Why it works: At each step, we maintain the invariant that total_sum contains the sum of all numbers divisible by 6 encountered so far and count contains the number of such numbers. Dividing the sum by the count after iteration gives the average, correctly rounded down due to integer division.
Python Solution
from typing import List
class Solution:
def averageValue(self, nums: List[int]) -> int:
total_sum = 0
count = 0
for num in nums:
if num % 6 == 0:
total_sum += num
count += 1
return total_sum // count if count > 0 else 0
Implementation walkthrough: We define two variables, total_sum and count. We loop through nums, checking if each number is divisible by 6. If so, we update our sum and count. After the loop, we use integer division to return the floored average, or 0 if no number met the criteria. This directly implements the algorithm discussed above.
Go Solution
func averageValue(nums []int) int {
totalSum := 0
count := 0
for _, num := range nums {
if num % 6 == 0 {
totalSum += num
count++
}
}
if count == 0 {
return 0
}
return totalSum / count
}
Go-specific notes: We use range to iterate over the slice nums. The integer division in Go automatically floors the result, similar to Python. Edge cases such as an empty count are handled explicitly with an if check.
Worked Examples
Example 1: nums = [1,3,6,10,12,15]
| num | divisible by 6? | total_sum | count |
|---|---|---|---|
| 1 | no | 0 | 0 |
| 3 | no | 0 | 0 |
| 6 | yes | 6 | 1 |
| 10 | no | 6 | 1 |
| 12 | yes | 18 | 2 |
| 15 | no | 18 | 2 |
Average = 18 // 2 = 9
Example 2: nums = [1,2,4,7,10]
| num | divisible by 6? | total_sum | count |
|---|---|---|---|
| 1 | no | 0 | 0 |
| 2 | no | 0 | 0 |
| 4 | no | 0 | 0 |
| 7 | no | 0 | 0 |
| 10 | no | 0 | 0 |
No numbers satisfy the condition, return 0
Complexity Analysis
| Measure | Complexity | Explanation |
|---|---|---|
| Time | O(n) | Single pass through the array of length n to check each element |
| Space | O(1) | Only two integer variables used, no additional data structures |
The algorithm scales linearly with input size, and the space usage is constant, making it very efficient for the problem constraints.
Test Cases
# Provided examples
assert Solution().averageValue([1,3,6,10,12,15]) == 9 # multiple numbers divisible by 6
assert Solution().averageValue([1,2,4,7,10]) == 0 # no numbers divisible by 6
# Boundary cases
assert Solution().averageValue([6]) == 6 # single number divisible by 6
assert Solution().averageValue([1]) == 0 # single number not divisible by 6
assert Solution().averageValue([6,12,18,24]) == 15 # all numbers divisible by 6
assert Solution().averageValue([1,2,3,4,5]) == 0 # none divisible by 6
assert Solution().averageValue([6,7,8,9,12]) == 9 # mix of numbers
assert Solution().averageValue([1000]) == 0 # large number not divisible by 6
assert Solution().averageValue([996]) == 996 # large number divisible by 6
| Test | Why |
|---|---|
[1,3,6,10,12,15] |
Multiple numbers divisible by 6; tests normal calculation |
[1,2,4,7,10] |
No number divisible by 6; tests returning 0 |
[6] |
Single number divisible by 6; tests smallest array edge case |
[1] |
Single number not divisible by 6; tests smallest array edge case with 0 |
[6,12,18,24] |
All numbers divisible by 6; tests average computation |
[1,2,3,4,5] |
No numbers divisible by 6; tests larger array with 0 result |
[6,7,8,9,12] |
Mixed array; tests selective inclusion |
[1000] |
Large number not divisible by 6; tests handling high values |
[996] |
Large number divisible by 6; tests handling high values |
Edge Cases
- Empty qualifying numbers: When the array has no numbers divisible by 6, we must return 0. This is correctly handled by checking if
countis 0 before division. - Single-element arrays: Both cases where the single element is divisible by 6 or not are edge cases. The implementation works correctly, either returning the element itself or 0.

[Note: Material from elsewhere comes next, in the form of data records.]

-- ===== src/Deck/Registry/Leaving.antt =====
-- opencode-deck/opencode-deck/ocdeck/model.py, class Registry: the loop that gives free slots to the
-- agents that wait.
use home_ailab.Prelude.{
  ℕ, ◌+◌, ◌≡◌, ◌≢◌, refl, ◌∙◌, ap, sym, inl, inr, String, true, false, Option, none, some, [], ◌∷◌,
  ok, Dict, lookup, insert, has, keys, get_elem?, get_elem?-set, length-set, arith, eq_iff, str_eq,
  lookup-insert, lookup-insert_self, lookup-insert_ne, has-insert, insert-IsUnique, IsUnique,
  contains, Bool-cases,
}
use home_ailab.Deck.Agents.{Agent, Registry}
use home_ailab.Deck.Registry.{first_free}
use home_ailab.Deck.Registry.Removing.{slot_of, promote, promote_to, promote_all}
use home_ailab.Deck.Registry.Placing.{
  slot_at, IsPlaced, IsFull, Aged, Aged-refl, Aged-trans, Found, first_free-Found, taken,
  take_slot-taken, taken-Aged,
}

-- what a round of the loop for an agent leaves
record Round (key : String) (r q : Registry) : Type 0 where
  places : IsPlaced q
  aged : Aged r q
  full : IsFull r → IsFull q
  others : (k : String) → key ≢ k → lookup k q.records ≡ lookup k r.records
  own : slot_at key q ≡ none → IsFull q
  known : (k : String) → has k q.records ≡ has k r.records

-- the agent of a key gets a free slot
abbrev promoted : String → Agent → ℕ → ℕ → Registry → Registry
promoted key a i g r =
    let q = taken key i g r in
    record q { records = insert key (record a { slot = some i }) q.records }

promoted-IsPlaced :
    (key : String) (a : Agent) (i g : ℕ) (r : Registry)
    → IsPlaced r
    → lookup key r.records ≡ some a
    → a.slot ≡ none
    → get_elem? r.slots i ≡ some none
    → IsPlaced (promoted key a i g r)
promoted-IsPlaced key a i g r w at waits free = record {
  slots = length-set r.slots i (some key) ∙ w.slots;
  generations = length-set r.generations i (g + 1) ∙ w.generations;
  unique = insert-IsUnique key _ r.records w.unique;
  named = λ k c e. ground (
    arith,
    lookup-insert key k (record a { slot = some i }) r.records,
    eq_iff key k,
    e,
    w.named k c,
    w.named key a at,
  );
  held = λ j k e. ground (
    arith,
    get_elem?-set r.slots i j (some key) free,
    lookup-insert key k (record a { slot = some i }) r.records,
    eq_iff key k,
    w.held j k,
    at,
    waits,
    e,
  );
  placed = λ k j e. ground (
    arith,
    get_elem?-set r.slots i j (some key) free,
    lookup-insert key k (record a { slot = some i }) r.records,
    eq_iff key k,
    w.placed k j,
    at,
    waits,
    e,
  );
}

promoted-Round :
    (key : String) (a : Agent) (i g : ℕ) (r : Registry)
    → IsPlaced r
    → lookup key r.records ≡ some a
    → a.slot ≡ none
    → get_elem? r.slots i ≡ some none
    → get_elem? r.generations i ≡ some g
    → Round key r (promoted key a i g r)
promoted-Round key a i g r w at waits free gen = record {
  places = promoted-IsPlaced key a i g r w at waits free;
  aged = taken-Aged key i g r free gen;
  full = λ full. absurd (full i free);
  others = λ k other. lookup-insert_ne key k _ r.records other;
  own = λ e. ground (arith, lookup-insert_self key (record a { slot = some i }) r.records, e);
  known = λ k.
      ground (arith, has-insert key k (record a { slot = some i }) r.records, eq_iff key k, at);
}

still-Round :
    (key : String) (r : Registry) → IsPlaced r → (slot_at key r ≡ none → IsFull r) → Round key r r
still-Round key r w own = record {
  places = w;
  aged = Aged-refl r;
  full = λ f. f;
  others = λ k other. refl;
  own = own;
  known = λ k. refl;
}

promote_to-Round :
    (key : String) (a : Agent) (o : Option ℕ) (r : Registry)
    → IsPlaced r
    → lookup key r.records ≡ some a
    → a.slot ≡ none
    → Found r.slots 0 o
    → (q : Registry) × ((promote_to key a o r ≡ ok q) × Round key r q)
unfolding promote_to
promote_to-Round key a none r w at waits full = (r, (refl, still-Round key r w (λ e. full)))
promote_to-Round key a (some i) r w at waits (j, (here, free)) =
    let free' : get_elem? r.slots i ≡ some none = ground arith in
    let (g, (gen, run)) = take_slot-taken key i r w free' in
    (
      promoted key a i g r,
      (rw (w.named key a at, run) refl, promoted-Round key a i g r w at waits free' gen),
    )

promote-Round :
    (key : String) (a : Agent) (o : Option ℕ) (r : Registry)
    → IsPlaced r
    → lookup key r.records ≡ some a
    → a.slot ≡ o
    → (q : Registry) × ((promote key a o r ≡ ok q) × Round key r q)
unfolding promote
promote-Round key a none r w at slot =
    promote_to-Round key a (first_free 0 r.slots) r w at slot (first_free-Found 0 r.slots)
promote-Round key a (some i) r w at slot =
    (r, (refl, still-Round key r w (λ e. ground (arith, at, slot, e))))

-- every entry of the list is one of the records
abbrev pub AllThere : Dict Agent → Registry → Type 0
AllThere [] r = Unit
AllThere ((k, a) ∷ agents) r = (lookup k r.records ≡ some a) × AllThere agents r

AllThere-later :
    (agents : Dict Agent) (key : String) (r q : Registry)
    → Round key r q
    → contains key (keys agents) ≡ false
    → AllThere agents r
    → AllThere agents q
unfolding contains keys
AllThere-later [] key r q round away all = tt
AllThere-later ((k, a) ∷ agents) key r q round away all =
    let other : key ≢ k = ground (arith, eq_iff k key) in
    let rest : contains key (keys agents) ≡ false = ground arith in
    (round.others k other ∙ all.0, AllThere-later agents key r q round rest all.1)

-- what the loop leaves
pub record Promoted (agents : Dict Agent) (r q : Registry) : Type 0 where
  pub places : IsPlaced q
  pub aged : Aged r q
  pub full : IsFull r → IsFull q
  pub others :
      (k : String) → contains k (keys agents) ≡ false → lookup k q.records ≡ lookup k r.records
  pub waits : (k : String) → contains k (keys agents) ≡ true → slot_at k q ≡ none → IsFull q
  pub known : (k : String) → has k q.records ≡ has k r.records

pub promote_all-Promoted :
    (agents : Dict Agent) (r : Registry)
    → IsPlaced r
    → AllThere agents r
    → IsUnique (keys agents)
    → (q : Registry) × ((promote_all agents r ≡ ok q) × Promoted agents r q)
unfolding promote_all contains keys
promote_all-Promoted [] r w all u = (
  r,
  (
    refl,
    record {
      places = w;
      aged = Aged-refl r;
      full = λ f. f;
      others = λ k away. refl;
      waits = λ k among e. cc;
      known = λ k. refl;
    },
  ),
)
promote_all-Promoted ((key, a) ∷ agents) r w all u =
    let (p, (run, round)) = promote-Round key a a.slot r w all.0 refl in
    let (q, (run', done)) =
      promote_all-Promoted agents p round.places (AllThere-later agents key r p round u.0 all.1)
        u.1 in
    (
      q,
      (
        rw run run',
        record {
          places = done.places;
          aged = Aged-trans r p q round.aged done.aged;
          full = λ f. done.full (round.full f);
          others = λ k away.
              done.others k (ground arith) ∙ round.others k (ground (arith, eq_iff key k));
          waits = λ k among e. elim (Bool-cases (str_eq key k)) [
            | inl own ↦
                let same : key ≡ k = (eq_iff key k).0 own in
                done.full (
                  round.own
                    (ap slot_of (sym (done.others key u.0)) ∙ ap (λ x. slot_at x q) same ∙ e))
            | inr other ↦ done.waits k (ground (arith, among, other)) e
          ];
          known = λ k. done.known k ∙ round.known k;
        },
      ),
    )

- Large numbers near 1000: The input allows numbers up to 1000, and since we sum them, we must ensure that integer overflow does not occur. In Python, integers can grow arbitrarily large, so this is safe. In Go, integer overflow is not an issue for numbers up to 1000 in a 32-bit or 64-bit
int.
This solution is robust for all inputs within the problem constraints.